## Assignment
Only those lines in the data below from the line containing "min_resend_rto = 80_000_000;" through the line containing "pacing_budget_bytes = 131_072_000;", both included, should be restated word for word.

## Material for this exercise
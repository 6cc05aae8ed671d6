-- ===== src/Session/Congestion/Samples.antt =====
-- A congestion state for the tests: the settings by default, in thousandths.
use raknet_rust.Common.{ℕ, true, none}
use raknet_rust.Session.Congestion.{Congestion}

abbrev pub fresh : Congestion ℕ
fresh = record {
  resend_rto = 250_000_000;
  min_resend_rto = 80_000_000;
  max_resend_rto = 2_000_000_000;
  srtt_ms = none;
  rttvar_ms = 0;
  congestion_window_packets = 64_000;
  min_congestion_window_packets = 8_000;
  max_congestion_window_packets = 1_024_000;
  slow_start_threshold_packets = 128_000;
  congestion_additive_gain = 1_000;
  congestion_multiplicative_decrease_nack = 850;
  congestion_multiplicative_decrease_timeout = 600;
  high_rtt_threshold_ms = 180_000;
  high_rtt_additive_scale = 600;
  nack_loss_backoff_cooldown = 50_000_000;
  next_nack_loss_backoff = 0;
  pacing_enabled = true;
  pacing_gain = 1_000;
  pacing_min_rate_bytes_per_sec = 24_576_000;
  pacing_max_rate_bytes_per_sec = 33_554_432_000;
  pacing_budget_max_bytes = 131_072_000;
  pacing_budget_bytes = 131_072_000;
  pacing_rate_bytes_per_sec = 24_576_000;
  last_pacing_update = 0;
}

## Output
  min_resend_rto = 80_000_000;
  max_resend_rto = 2_000_000_000;
  srtt_ms = none;
  rttvar_ms = 0;
  congestion_window_packets = 64_000;
  min_congestion_window_packets = 8_000;
  max_congestion_window_packets = 1_024_000;
  slow_start_threshold_packets = 128_000;
  congestion_additive_gain = 1_000;
  congestion_multiplicative_decrease_nack = 850;
  congestion_multiplicative_decrease_timeout = 600;
  high_rtt_threshold_ms = 180_000;
  high_rtt_additive_scale = 600;
  nack_loss_backoff_cooldown = 50_000_000;
  next_nack_loss_backoff = 0;
  pacing_enabled = true;
  pacing_gain = 1_000;
  pacing_min_rate_bytes_per_sec = 24_576_000;
  pacing_max_rate_bytes_per_sec = 33_554_432_000;
  pacing_budget_max_bytes = 131_072_000;
  pacing_budget_bytes = 131_072_000;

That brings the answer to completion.